[Start of Attachment]

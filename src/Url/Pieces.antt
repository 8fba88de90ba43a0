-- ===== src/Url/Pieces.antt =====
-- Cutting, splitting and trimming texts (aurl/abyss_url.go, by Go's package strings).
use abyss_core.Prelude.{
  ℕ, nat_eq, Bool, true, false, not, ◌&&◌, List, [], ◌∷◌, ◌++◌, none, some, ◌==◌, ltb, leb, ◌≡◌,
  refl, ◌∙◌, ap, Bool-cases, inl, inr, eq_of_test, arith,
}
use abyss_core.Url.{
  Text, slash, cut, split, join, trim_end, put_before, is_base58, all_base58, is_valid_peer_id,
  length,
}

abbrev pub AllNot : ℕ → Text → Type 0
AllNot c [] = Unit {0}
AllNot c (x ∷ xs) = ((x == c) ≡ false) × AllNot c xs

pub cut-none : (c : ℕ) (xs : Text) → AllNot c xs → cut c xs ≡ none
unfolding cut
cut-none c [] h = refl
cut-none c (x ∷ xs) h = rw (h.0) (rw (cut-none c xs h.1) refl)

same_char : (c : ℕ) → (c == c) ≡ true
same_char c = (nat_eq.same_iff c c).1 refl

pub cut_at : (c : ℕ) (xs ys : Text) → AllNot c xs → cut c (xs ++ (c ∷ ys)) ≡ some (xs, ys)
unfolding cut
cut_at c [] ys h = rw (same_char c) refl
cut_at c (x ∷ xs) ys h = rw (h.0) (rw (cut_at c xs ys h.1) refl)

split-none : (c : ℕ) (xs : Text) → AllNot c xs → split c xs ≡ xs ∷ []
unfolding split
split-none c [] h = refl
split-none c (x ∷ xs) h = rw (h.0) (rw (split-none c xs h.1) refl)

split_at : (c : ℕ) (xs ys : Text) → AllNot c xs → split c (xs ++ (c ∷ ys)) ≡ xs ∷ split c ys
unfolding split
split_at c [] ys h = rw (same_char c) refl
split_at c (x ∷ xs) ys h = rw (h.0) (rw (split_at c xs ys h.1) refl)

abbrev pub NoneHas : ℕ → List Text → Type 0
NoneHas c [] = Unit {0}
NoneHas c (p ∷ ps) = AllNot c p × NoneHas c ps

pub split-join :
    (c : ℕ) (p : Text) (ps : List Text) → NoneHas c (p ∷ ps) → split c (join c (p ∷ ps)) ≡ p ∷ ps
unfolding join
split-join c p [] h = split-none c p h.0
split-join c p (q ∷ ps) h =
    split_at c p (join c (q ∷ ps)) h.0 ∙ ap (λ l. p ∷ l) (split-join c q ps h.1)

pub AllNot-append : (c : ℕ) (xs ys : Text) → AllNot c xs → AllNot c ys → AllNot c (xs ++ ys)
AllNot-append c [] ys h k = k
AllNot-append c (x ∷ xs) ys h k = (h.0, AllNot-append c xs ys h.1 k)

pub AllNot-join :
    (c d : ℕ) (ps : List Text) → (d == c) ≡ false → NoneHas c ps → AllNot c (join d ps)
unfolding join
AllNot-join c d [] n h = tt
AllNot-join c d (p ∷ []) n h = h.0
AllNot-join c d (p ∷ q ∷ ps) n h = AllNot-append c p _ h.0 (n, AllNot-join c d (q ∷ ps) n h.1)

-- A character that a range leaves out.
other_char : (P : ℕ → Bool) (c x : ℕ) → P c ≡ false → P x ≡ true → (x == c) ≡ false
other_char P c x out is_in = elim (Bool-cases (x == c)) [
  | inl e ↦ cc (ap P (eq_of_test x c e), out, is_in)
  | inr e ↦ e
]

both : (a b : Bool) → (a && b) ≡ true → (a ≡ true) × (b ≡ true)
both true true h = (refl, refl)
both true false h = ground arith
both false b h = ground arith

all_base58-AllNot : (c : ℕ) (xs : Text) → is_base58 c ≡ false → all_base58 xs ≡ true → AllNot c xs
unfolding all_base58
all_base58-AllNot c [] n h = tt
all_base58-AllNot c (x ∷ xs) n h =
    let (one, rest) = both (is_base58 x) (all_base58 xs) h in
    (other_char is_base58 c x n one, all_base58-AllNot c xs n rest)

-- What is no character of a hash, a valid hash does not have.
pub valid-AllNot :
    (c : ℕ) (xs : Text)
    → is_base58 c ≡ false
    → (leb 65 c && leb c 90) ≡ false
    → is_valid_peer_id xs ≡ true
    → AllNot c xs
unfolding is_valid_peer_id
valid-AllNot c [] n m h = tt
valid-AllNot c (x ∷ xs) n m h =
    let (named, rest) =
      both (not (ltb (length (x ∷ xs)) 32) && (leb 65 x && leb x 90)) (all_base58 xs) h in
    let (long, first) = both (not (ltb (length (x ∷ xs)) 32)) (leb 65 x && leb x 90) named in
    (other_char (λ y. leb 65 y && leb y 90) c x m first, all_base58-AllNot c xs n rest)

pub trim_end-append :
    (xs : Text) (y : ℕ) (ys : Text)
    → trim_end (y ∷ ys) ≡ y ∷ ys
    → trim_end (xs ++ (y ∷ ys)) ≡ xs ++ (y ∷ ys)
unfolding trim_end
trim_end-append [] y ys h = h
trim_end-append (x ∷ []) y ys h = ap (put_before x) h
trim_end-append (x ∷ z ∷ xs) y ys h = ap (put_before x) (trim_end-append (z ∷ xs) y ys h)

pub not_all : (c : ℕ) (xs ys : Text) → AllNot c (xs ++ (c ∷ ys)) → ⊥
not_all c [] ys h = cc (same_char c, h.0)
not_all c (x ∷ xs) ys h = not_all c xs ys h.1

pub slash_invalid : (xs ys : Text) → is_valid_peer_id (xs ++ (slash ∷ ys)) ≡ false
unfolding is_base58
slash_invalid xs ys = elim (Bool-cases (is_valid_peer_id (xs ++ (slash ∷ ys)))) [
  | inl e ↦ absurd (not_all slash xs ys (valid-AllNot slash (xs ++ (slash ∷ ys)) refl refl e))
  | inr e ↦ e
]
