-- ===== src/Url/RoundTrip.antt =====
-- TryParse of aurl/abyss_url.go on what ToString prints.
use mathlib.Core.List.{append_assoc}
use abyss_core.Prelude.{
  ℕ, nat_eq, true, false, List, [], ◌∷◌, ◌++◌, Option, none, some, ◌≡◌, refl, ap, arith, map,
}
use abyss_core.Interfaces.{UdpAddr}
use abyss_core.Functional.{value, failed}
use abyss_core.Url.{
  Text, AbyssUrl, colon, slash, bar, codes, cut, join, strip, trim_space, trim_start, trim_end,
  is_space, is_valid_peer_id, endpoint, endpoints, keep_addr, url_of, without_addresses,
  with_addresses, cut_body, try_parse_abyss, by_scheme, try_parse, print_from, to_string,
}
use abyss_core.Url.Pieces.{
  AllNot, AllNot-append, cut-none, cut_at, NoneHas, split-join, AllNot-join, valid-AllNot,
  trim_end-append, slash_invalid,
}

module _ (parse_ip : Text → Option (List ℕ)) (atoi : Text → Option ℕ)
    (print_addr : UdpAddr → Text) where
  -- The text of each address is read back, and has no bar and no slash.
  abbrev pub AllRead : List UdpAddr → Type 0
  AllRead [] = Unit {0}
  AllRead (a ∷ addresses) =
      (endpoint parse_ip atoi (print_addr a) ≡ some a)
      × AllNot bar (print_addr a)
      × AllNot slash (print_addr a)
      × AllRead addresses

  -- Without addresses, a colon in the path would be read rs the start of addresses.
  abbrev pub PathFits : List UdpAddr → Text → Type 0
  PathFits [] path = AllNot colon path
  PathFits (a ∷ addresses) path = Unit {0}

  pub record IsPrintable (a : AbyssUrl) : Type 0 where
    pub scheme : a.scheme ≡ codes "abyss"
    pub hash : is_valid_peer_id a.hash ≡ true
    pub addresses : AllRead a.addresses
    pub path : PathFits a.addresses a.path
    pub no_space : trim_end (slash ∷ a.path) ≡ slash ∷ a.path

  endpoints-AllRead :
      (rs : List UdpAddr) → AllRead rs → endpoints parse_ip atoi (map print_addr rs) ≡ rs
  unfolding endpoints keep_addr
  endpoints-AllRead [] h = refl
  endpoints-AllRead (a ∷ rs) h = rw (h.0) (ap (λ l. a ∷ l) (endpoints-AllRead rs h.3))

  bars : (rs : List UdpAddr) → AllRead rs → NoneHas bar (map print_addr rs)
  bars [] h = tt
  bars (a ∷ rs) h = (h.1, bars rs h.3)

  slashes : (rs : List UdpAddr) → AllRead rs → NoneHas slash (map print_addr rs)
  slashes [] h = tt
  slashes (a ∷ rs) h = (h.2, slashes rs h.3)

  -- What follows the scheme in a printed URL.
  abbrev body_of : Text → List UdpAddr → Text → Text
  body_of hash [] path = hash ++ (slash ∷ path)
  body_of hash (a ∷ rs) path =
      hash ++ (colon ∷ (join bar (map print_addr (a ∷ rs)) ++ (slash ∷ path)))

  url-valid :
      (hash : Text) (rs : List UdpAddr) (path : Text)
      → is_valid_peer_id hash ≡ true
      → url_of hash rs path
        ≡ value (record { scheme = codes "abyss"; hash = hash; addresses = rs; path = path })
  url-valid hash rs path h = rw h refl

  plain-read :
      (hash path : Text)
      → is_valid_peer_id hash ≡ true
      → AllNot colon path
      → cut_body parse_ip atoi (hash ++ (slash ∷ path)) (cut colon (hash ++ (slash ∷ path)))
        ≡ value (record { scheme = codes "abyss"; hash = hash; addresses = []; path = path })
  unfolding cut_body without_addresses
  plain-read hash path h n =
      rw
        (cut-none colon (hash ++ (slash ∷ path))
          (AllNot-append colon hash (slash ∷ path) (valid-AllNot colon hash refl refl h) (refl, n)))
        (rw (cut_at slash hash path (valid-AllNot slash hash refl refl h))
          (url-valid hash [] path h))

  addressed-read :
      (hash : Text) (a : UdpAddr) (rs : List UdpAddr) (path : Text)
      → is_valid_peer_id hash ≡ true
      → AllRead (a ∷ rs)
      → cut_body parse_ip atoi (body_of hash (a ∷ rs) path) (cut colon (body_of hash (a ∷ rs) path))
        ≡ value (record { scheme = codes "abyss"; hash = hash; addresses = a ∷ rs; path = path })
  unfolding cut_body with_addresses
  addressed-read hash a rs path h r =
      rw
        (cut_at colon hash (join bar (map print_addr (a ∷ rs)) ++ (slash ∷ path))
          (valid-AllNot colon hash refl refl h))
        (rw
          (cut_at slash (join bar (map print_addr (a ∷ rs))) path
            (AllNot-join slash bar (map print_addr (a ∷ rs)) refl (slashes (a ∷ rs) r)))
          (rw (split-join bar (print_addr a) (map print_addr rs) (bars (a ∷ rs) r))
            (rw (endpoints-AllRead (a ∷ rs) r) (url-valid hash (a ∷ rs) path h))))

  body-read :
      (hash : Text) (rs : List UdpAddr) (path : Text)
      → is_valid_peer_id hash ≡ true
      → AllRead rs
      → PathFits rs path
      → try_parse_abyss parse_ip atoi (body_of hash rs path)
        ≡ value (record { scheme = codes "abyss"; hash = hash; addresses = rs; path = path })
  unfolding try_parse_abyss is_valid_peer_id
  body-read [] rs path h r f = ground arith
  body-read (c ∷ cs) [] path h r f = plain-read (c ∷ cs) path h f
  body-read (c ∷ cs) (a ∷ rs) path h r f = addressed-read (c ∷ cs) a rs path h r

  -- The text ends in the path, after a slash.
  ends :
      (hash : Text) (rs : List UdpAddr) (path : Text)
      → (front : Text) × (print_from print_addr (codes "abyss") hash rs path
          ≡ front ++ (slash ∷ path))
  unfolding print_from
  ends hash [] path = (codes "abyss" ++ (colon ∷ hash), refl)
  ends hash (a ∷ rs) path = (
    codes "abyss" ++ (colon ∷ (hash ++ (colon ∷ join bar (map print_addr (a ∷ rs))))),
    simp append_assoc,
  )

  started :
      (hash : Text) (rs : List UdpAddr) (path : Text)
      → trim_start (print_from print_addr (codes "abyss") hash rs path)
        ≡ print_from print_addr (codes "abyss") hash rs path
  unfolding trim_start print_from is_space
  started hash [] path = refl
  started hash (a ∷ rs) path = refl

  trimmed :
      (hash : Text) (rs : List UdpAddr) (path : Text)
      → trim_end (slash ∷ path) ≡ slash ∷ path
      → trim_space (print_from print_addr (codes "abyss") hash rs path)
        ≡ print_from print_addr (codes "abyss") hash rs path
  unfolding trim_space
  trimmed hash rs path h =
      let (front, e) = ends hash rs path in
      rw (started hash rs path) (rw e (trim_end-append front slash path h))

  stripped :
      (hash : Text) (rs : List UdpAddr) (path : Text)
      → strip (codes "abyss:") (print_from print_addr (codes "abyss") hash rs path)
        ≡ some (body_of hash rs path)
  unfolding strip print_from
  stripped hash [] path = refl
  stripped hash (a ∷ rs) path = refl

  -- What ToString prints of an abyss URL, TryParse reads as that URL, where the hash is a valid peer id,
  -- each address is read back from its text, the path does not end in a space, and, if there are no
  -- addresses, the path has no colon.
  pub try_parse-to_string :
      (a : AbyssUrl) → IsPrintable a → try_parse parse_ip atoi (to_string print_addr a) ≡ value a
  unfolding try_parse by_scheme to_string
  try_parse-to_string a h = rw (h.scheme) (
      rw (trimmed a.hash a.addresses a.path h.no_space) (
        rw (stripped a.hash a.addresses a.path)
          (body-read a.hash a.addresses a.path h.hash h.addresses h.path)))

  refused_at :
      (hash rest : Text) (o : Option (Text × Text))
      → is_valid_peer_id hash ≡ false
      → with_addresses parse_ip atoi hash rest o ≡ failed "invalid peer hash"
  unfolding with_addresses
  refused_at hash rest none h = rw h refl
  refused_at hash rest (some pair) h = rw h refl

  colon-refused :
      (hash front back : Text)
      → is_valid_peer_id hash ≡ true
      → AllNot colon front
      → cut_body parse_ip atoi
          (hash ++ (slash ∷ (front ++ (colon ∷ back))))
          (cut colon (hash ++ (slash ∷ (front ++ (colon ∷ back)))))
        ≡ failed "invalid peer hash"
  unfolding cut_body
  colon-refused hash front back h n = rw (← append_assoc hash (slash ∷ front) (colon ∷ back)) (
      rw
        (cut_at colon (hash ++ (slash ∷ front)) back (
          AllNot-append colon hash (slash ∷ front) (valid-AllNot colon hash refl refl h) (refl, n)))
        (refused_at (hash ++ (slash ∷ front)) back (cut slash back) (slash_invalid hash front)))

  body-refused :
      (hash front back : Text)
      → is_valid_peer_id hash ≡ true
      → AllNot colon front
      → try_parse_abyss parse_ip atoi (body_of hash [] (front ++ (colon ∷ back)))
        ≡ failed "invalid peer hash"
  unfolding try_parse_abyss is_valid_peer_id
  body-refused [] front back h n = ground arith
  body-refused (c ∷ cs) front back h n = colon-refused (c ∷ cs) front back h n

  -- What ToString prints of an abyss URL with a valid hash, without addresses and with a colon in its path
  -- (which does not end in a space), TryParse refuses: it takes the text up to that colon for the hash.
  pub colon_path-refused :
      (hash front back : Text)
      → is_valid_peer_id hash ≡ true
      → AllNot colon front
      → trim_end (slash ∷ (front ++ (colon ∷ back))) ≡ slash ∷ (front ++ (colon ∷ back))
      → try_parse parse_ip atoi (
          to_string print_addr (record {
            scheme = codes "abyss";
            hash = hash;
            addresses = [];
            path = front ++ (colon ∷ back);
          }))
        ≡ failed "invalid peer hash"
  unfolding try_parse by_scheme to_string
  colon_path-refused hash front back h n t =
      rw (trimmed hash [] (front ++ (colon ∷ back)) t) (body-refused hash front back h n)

[End of Attachment]

### REQUIRED WORK:
Reproduce word for word the lines of the records above, beginning at the first and ending with the line where "AllNot c [] = Unit" appears, and nothing past it.

### SOLUTION TO THIS TASK:
filename src/Url/Pieces.antt
repository 8fba88de90ba43a0
-- ===== src/Url/Pieces.antt =====
-- Cutting, splitting and trimming texts (aurl/abyss_url.go, by Go's package strings).
use abyss_core.Prelude.{
  ℕ, nat_eq, Bool, true, false, not, ◌&&◌, List, [], ◌∷◌, ◌++◌, none, some, ◌==◌, ltb, leb, ◌≡◌,
  refl, ◌∙◌, ap, Bool-cases, inl, inr, eq_of_test, arith,
}
use abyss_core.Url.{
  Text, slash, cut, split, join, trim_end, put_before, is_base58, all_base58, is_valid_peer_id,
  length,
}

abbrev pub AllNot : ℕ → Text → Type 0
AllNot c [] = Unit {0}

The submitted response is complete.